In this report I aim to investigate the exponential distribution in R and compare it with the Central Limit Theorem. The report will illustrate the difference between the distribution of a large collection of random exponentials and the distribution of a large collection of averages 40 exponentials. It will illustrate the insight that a hypothetical distribution of sample means would be distributed normally in what is commonly referred to as a “bell curve”.
This report uses the rexp(n, lambda) function in R to calculate the mean of a random sample of 40 exponentials and repeat for one thousand simulations. The sample mean and variance of the resulting distribution of averages will be compared to the theoretical mean and variance.
lambda <- 0.2 # the rate parameter of rexp function
mu <- 1/lambda # theoretical mean of the exponential distribution
sd <- 1/lambda # theoretical standard deviation of the exponential distribution
n <- 40 # number of sample exponentials
se <- sd / sqrt(n) #
svar <- sd^2 / n # theoretical variance
nosim <- 1000 # number of simulations
set.seed(1) # to make the result reproducible
x <- NULL
for (i in 1:nosim) x = c(x, mean(rexp(n, lambda))) # create the distribution of a large collection (1000)

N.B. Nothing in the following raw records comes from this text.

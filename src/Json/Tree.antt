-- ===== src/Json/Tree.antt =====
-- JSON documents as trees, the lawful instance of the JSON crate for runs: its reader answers one
-- document, its printer one text.
use anthroxy.Prelude.{
  ℕ, suc, max, ◌<◌, ◌≡◌, refl, ap, Bool, true, false, String, Option, none, some, List, [], ◌∷◌,
  if◌then◌else◌, Text, ascii, text_eq, text_eq_iff, ok, All, arith,
}
use anthroxy.Json.{Json, IsLawful, value_get}

mutual
  pub data Tree : Type 0 where
    null : Tree
    flag : Bool → Tree
    amount : ℕ → Tree
    words : Text → Tree
    arr : Items → Tree
    obj : Fields → Tree

  pub data Items : Type 0 where
    nil : Items
    item : Tree → Items → Items

  pub data Fields : Type 0 where
    end : Fields
    entry : Text → Tree → Fields → Fields

abbrev pub items_of : List Tree → Items
items_of [] = nil
items_of (t ∷ ts) = item t (items_of ts)

abbrev pub list_of : Items → List Tree
list_of nil = []
list_of (item t ts) = t ∷ list_of ts

-- The value of a field, its name in ASCII.
abbrev pub with : String → Tree → Fields → Fields
with k v fs = entry (ascii k) v fs

unfoldable pub get_field : Fields → Text → Option Tree
get_field end k = none
get_field (entry n v fs) k = if text_eq n k then some v else get_field fs k

unfoldable pub put_field : Text → Tree → Fields → Fields
put_field k v end = entry k v end
put_field k v (entry n w fs) =
    let rest = put_field k v fs in if text_eq n k then entry k v fs else entry n w rest

get_field-put_field :
    (k n : Text) (v : Tree) (fs : Fields)
    → get_field (put_field k v fs) n ≡ (if text_eq k n then some v else get_field fs n)
unfolding get_field put_field
get_field-put_field k n v end = refl
get_field-put_field k n v (entry m w fs) =
    ground (arith, text_eq_iff k n, text_eq_iff m k, text_eq_iff m n, get_field-put_field k n v fs)

unfoldable mutual
  pub depth_of : Tree → ℕ
  depth_of null = 0
  depth_of (flag b) = 0
  depth_of (amount n) = 0
  depth_of (words t) = 0
  depth_of (arr ts) = suc (depth_items ts)
  depth_of (obj fs) = suc (depth_fields fs)

  depth_items : Items → ℕ
  depth_items nil = 0
  depth_items (item t ts) = max (depth_of t) (depth_items ts)

  depth_fields : Fields → ℕ
  depth_fields end = 0
  depth_fields (entry n t fs) = max (depth_of t) (depth_fields fs)

abbrev pub object_of : Tree → Option Fields
object_of (obj fs) = some fs
object_of _ = none

abbrev pub values_of : Fields → List Tree
values_of end = []
values_of (entry n v fs) = v ∷ values_of fs

abbrev pub array_of : Tree → Option (List Tree)
array_of (arr ts) = some (list_of ts)
array_of _ = none

abbrev pub string_of : Tree → Option Text
string_of (words t) = some t
string_of _ = none

abbrev pub number_of : Tree → Option ℕ
number_of (amount n) = some n
number_of _ = none

abbrev pub bool_of : Tree → Option Bool
bool_of (flag b) = some b
bool_of _ = none

abbrev pub null_of : Tree → Bool
null_of null = true
null_of _ = false

abbrev pub tree : Tree → Json
tree document = record {
  Value = Tree;
  Object = Fields;
  from_slice = λ t. ok document;
  as_object = object_of;
  as_array = array_of;
  as_str = string_of;
  as_u64 = number_of;
  is_null = null_of;
  as_bool = bool_of;
  Float = ℕ;
  as_f64 = number_of;
  get = get_field;
  values = values_of;
  empty = end;
  insert = put_field;
  object = obj;
  array = λ ts. arr (items_of ts);
  string = words;
  number = amount;
  float = amount;
  boolean = flag;
  depth = depth_of;
  to_string = λ v. ascii "{}";
}

list_of-depth_items :
    (n : ℕ) (ts : Items) → depth_items ts < n → All (λ b. depth_of b < n) (list_of ts)
unfolding depth_of
list_of-depth_items n nil h = tt
list_of-depth_items n (item t ts) h =
    (omega (arith, h), list_of-depth_items n ts (omega (arith, h)))

get_field-depth_of :
    (fs : Fields) (k : Text) (ts : Items)
    → get_field fs k ≡ some (arr ts)
    → depth_items ts < depth_fields fs
unfolding get_field depth_of
get_field-depth_of end k ts h = cc
get_field-depth_of (entry n v fs) k ts h = ground (arith, get_field-depth_of fs k ts)

tree-depth_items :
    (document v w : Tree) (k : Text) (items : List Tree)
    → value_get (tree document) v k ≡ some w
    → array_of w ≡ some items
    → All (λ b. depth_of b < depth_of v) items
unfolding depth_of
tree-depth_items document (obj fs) (arr ts) k items h e =
    let less : All (λ b. depth_of b < suc (depth_fields fs)) (list_of ts) =
      list_of-depth_items (suc (depth_fields fs)) ts
        (omega (arith, get_field-depth_of fs k ts h)) in
    let same : list_of ts ≡ items = cc in rw (← same) less
tree-depth_items document (obj fs) null k items h e = cc
tree-depth_items document (obj fs) (flag b) k items h e = cc
tree-depth_items document (obj fs) (amount n) k items h e = cc
tree-depth_items document (obj fs) (words t) k items h e = cc
tree-depth_items document (obj fs) (obj gs) k items h e = cc
tree-depth_items document null w k items h e = cc
tree-depth_items document (flag b) w k items h e = cc
tree-depth_items document (amount n) w k items h e = cc
tree-depth_items document (words t) w k items h e = cc
tree-depth_items document (arr ts) w k items h e = cc

list_of-items_of : (ts : List Tree) → list_of (items_of ts) ≡ ts
list_of-items_of [] = refl
list_of-items_of (t ∷ ts) = ap (λ us. t ∷ us) (list_of-items_of ts)

pub tree-IsLawful : (document : Tree) → IsLawful (tree document)
unfolding get_field
tree-IsLawful document = record {
  get-empty = λ k. refl;
  get-insert = λ k n v o. get_field-put_field k n v o;
  as_object-object = λ o. refl;
  as_array-array = λ ts. ap (λ us. some us) (list_of-items_of ts);
  as_str-string = λ t. refl;
  depth-items = λ v w k items. tree-depth_items document v w k items;
}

# of averages of 40 # exponentials
The normal distribution has the property that it is symmetrical about the mean. The sample mean and the theoretical mean are both measures of central tendency. Comparing the sample mean to the theoretical mean demonstrates that the sample mean is an estimate of the population mean.
round(c(mean(x), mu), 2)
## [1] 4.99 5.00
The normal distribution also has a predictable area under the curve within specified distances of the mean. Approximately 68%, 95% and 99% of the normal density lies within 1, 2 and 3 standard deviations from the mean respectively. Comparing the sample variance to the theoretical variance demonstrates that the sample variance is an estimate of the population variance.
round(c(var(x), svar), 2)
## [1] 0.61 0.62
# create the X-axis grid to overlay the normal curve
x2 <- seq(min(x), max(x), length = length(x))
# create the Normal curve
fun <- dnorm(x2, mean = mean(x), sd = sd(x))
# create the Histogram of the simulation
par(mfrow = c(1,2))
hist(x, prob = TRUE, # probability = true produces a density plot
ylim = c(0, max(fun)),
main = "", xlab = "")
lines(x2, fun, col = 2, lwd = 2)
abline(v = mean(x), col="red", lwd=3, lty=2)
abline(v = mean(mu), col="blue", lwd=3, lty=5)
set.seed(1)
y <- rexp(nosim, lambda) # create the distribution of a large collection (1000) of random exponentials
hist(y, prob = TRUE, freq = FALSE, main = "", xlab = "")
curve(dexp(x, rate=0.2, log=FALSE), add = TRUE)
Figure 1: On the left, a histogram of the distribution of averages of 40 exponentials over 1000 simulations. Fitted with a normal curve. The blue and red vertical lines represent the theoretical and sample means respectively. On the right is the distribution of a large collection of random exponentials
The Central Limit Theorem states that the distribution of averages of iid variables properly normalised becomes that of a standard normal as the sample size increases. This report has used the simulation of random exponentials to produce the distributions in Figure 1. One can determine that the distribution on the left is normally distributed because we can see it is shaped like a “bell curve”. The normal distribution can be characterised by its mean and standard deviation and I have shown by calculating the sample mean and variance and comparing how close the results are to the theoretical mean and variance that they are consistent with the population mean and variance.